Compton Scattering Calculator
Calculates the scattered photon energy after a Compton scattering event given the incident photon energy, scattering angle, and target particle mass. Use it when analyzing X-ray or gamma-ray interactions with matter.
About this calculator
Compton scattering occurs when a high-energy photon collides with a nearly free particle (usually an electron) and transfers part of its energy, emerging at a longer wavelength. The scattered photon energy is E' = E₀ / [1 + (E₀/mc²)(1 − cos θ)], where E₀ is the initial photon energy in joules, m is the target particle rest mass in kg, c = 2.998×10⁸ m/s, and θ is the scattering angle in degrees. The wavelength shift is described by the Compton formula Δλ = (h/mc)(1 − cos θ), where h/m_e c ≈ 2.426×10⁻¹² m is the electron Compton wavelength. Maximum energy transfer occurs at θ = 180° (backscattering), while at θ = 0° the photon passes unaffected. The recoil kinetic energy of the target particle equals E₀ − E', conserving total energy and momentum.
How to use
Suppose a 100 keV X-ray photon (E₀ = 1.602×10⁻¹⁴ J) scatters off a free electron (m = 9.109×10⁻³¹ kg) at θ = 90°. Step 1: Compute mc² = 9.109×10⁻³¹ × (2.998×10⁸)² = 8.187×10⁻¹⁴ J. Step 2: E₀/mc² = 1.602×10⁻¹⁴ / 8.187×10⁻¹⁴ ≈ 0.1956. Step 3: (1 − cos 90°) = 1. Step 4: E' = 1.602×10⁻¹⁴ / (1 + 0.1956 × 1) = 1.602×10⁻¹⁴ / 1.1956 ≈ 1.340×10⁻¹⁴ J ≈ 83.6 keV. The electron recoils with 100 − 83.6 = 16.4 keV.

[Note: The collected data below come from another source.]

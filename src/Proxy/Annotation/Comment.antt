-- ===== src/Proxy/Annotation/Comment.antt =====
-- Reading the comment of a query.
use crunchy_proxy.Go.BigEndian.{be32, uint32}
use crunchy_proxy.Go.Strings.{index_of-le, index_of, split}
use crunchy_proxy.Go.{Bytes, ◌>>=◌, HasNoNul, ok, panic, slice, slice-eq-ok}
use crunchy_proxy.Prelude.{
  ℕ, ◌+◌, ◌-◌, ◌<◌, ◌≤◌, ◌≡◌, ap, ◌∙◌, ◌↔◌, ◌⊎◌, inl, inr, true, List, [], ◌∷◌, ◌++◌, none, some,
  arith, length, take, drop, append_assoc,
}
use crunchy_proxy.Proxy.Annotation.Keywords.{Mentions, WillBeSet, get-annotate_all}
use crunchy_proxy.Proxy.Annotation.{
  AnnotationType, read_annotation, start_annotation, end_annotation, annotation_string, Annotations,
  get, annotate_all, no_annotations, query_annotations, annotations_between, get_annotations,
  start_token, end_token,
}
use crunchy_proxy.Protocol.Frame.Layout.{frame}
use crunchy_proxy.Protocol.Message.Laws.{holding, read_string-append}
use crunchy_proxy.Protocol.Message.{result_of, and_then, return, read_string, read_byte, read_int32}
use crunchy_proxy.Protocol.MessageType

-- The message of a query, with any bytes behind it in the buffer.
abbrev pub query_message : Bytes → Bytes → Bytes
query_message query rest = frame MessageType.query (query ++ 0 ∷ []) ++ rest

get_annotations-query_message :
    (query rest : Bytes)
    → HasNoNul query
    → get_annotations (query_message query rest) ≡ query_annotations query
unfolding get_annotations be32 uint32 read_byte read_int32 read_string
get_annotations-query_message query rest h =
    ap (λ b. result_of (and_then (read_string (holding b)) (λ r. return r.0)) >>= query_annotations)
      (append_assoc query (0 ∷ []) rest)
    ∙ ap (λ o. result_of (and_then o (λ r. return r.0)) >>= query_annotations)
        (read_string-append query rest h)

-- A query without NUL in which one of the two comment tokens is missing has no annotation.
pub get_annotations-none :
    (query rest : Bytes)
    → HasNoNul query
    → (index_of query start_token ≡ none) ⊎ (index_of query end_token ≡ none)
    → get_annotations (query_message query rest) ≡ ok no_annotations
unfolding query_annotations
get_annotations-none query rest h e = get_annotations-query_message query rest h ∙ ground arith

only_new :
    (t : AnnotationType) {ks : List Bytes}
    → WillBeSet t no_annotations ks
    → Mentions (annotation_string t) ks
only_new read_annotation w = elim w [ inl e ↦ cc | inr m ↦ m ]
only_new start_annotation w = elim w [ inl e ↦ cc | inr m ↦ m ]
only_new end_annotation w = elim w [ inl e ↦ cc | inr m ↦ m ]

module _ (query rest : Bytes) (s e : ℕ) (h : HasNoNul query)
    (p : index_of query start_token ≡ some s) (q : index_of query end_token ≡ some e) where
  between : get_annotations (query_message query rest) ≡ annotations_between query (some s) (some e)
  unfolding query_annotations
  between = get_annotations-query_message query rest h ∙ rw (p, q, query_annotations)

  bound : e ≤ length query
  bound = omega (arith, index_of-le query end_token e q)

  -- For a query without NUL that holds both comment tokens, `getAnnotations` panics exactly when
  -- the first end token stands before the end of the first start token.
  pub get_annotations_panics : (get_annotations (query_message query rest) ≡ panic) ↔ (e < s + 2)
  unfolding annotations_between slice
  get_annotations_panics = rw between (ground (arith, index_of-le query end_token e q))

  -- For a query without NUL whose first start token is at `s`, wherever that is, and whose first end
  -- token is at `e`, not before `s + 2`: `getAnnotations` returns, and sets an annotation exactly when
  -- one of the comma-separated keywords between the tokens, less the white space round it, is its word.
  -- The words are those of the code: `read`, `start` and `end`, and not the `finish` of the user guide.
  pub get_annotations_keywords :
      s + 2 ≤ e
      → (a : Annotations) × (get_annotations (query_message query rest) ≡ ok a)
        × ((t : AnnotationType)
            → (get a t ≡ true)
              ↔ Mentions
                  (annotation_string t)
                  (split b',' (take (e - (s + 2)) (drop (s + 2) query))))
  unfolding annotations_between
  get_annotations_keywords k = (
    annotate_all (split b',' (take (e - (s + 2)) (drop (s + 2) query))) no_annotations,
    between ∙ rw (slice-eq-ok query (s + 2) e k bound, annotations_between),
    λ t.
        let set =
          get-annotate_all (split b',' (take (e - (s + 2)) (drop (s + 2) query))) no_annotations
            t in
        (λ g. only_new t (set.0 g), λ m. set.1 (inr m)),
  )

Frequently asked questions
What is the physical significance of the Compton wavelength shift?
The Compton wavelength shift Δλ = (h/mc)(1 − cos θ) shows that the change in photon wavelength depends only on the scattering angle and the rest mass of the target, not on the initial photon energy. This was revolutionary evidence that photons carry quantized momentum, confirming the particle nature of light. A larger shift means more energy transferred to the recoiling particle. For electrons the maximum shift (at 180°) is 2 × 2.426 pm = 4.852 pm, which is detectable in X-ray diffraction experiments.
How does the scattering angle affect the energy of the scattered photon?
At θ = 0° (forward scattering) the photon loses no energy because cos(0°) = 1, making the denominator equal to 1. As θ increases toward 90° the photon loses a moderate fraction of its energy, and at θ = 180° (backscattering) the energy loss is maximized. For a 100 keV photon scattering off an electron, the backscattered photon retains only about 20 keV. This angular dependence is exploited in Compton telescopes used in gamma-ray astronomy to reconstruct the direction of incoming photons.
Why does Compton scattering require a high-energy photon to be observable?
Compton scattering is significant only when the photon energy E₀ is comparable to or greater than the rest-mass energy mc² of the target particle (511 keV for electrons). At low photon energies (visible light, soft UV) the ratio E₀/mc² ≪ 1, so the wavelength shift is negligibly small and Thomson scattering (elastic, classical) dominates instead. X-rays and gamma rays have energies in the keV–MeV range where the shift becomes measurable. This is why Compton scattering is important in medical imaging (CT scatter artifacts), radiation shielding design, and high-energy astrophysics.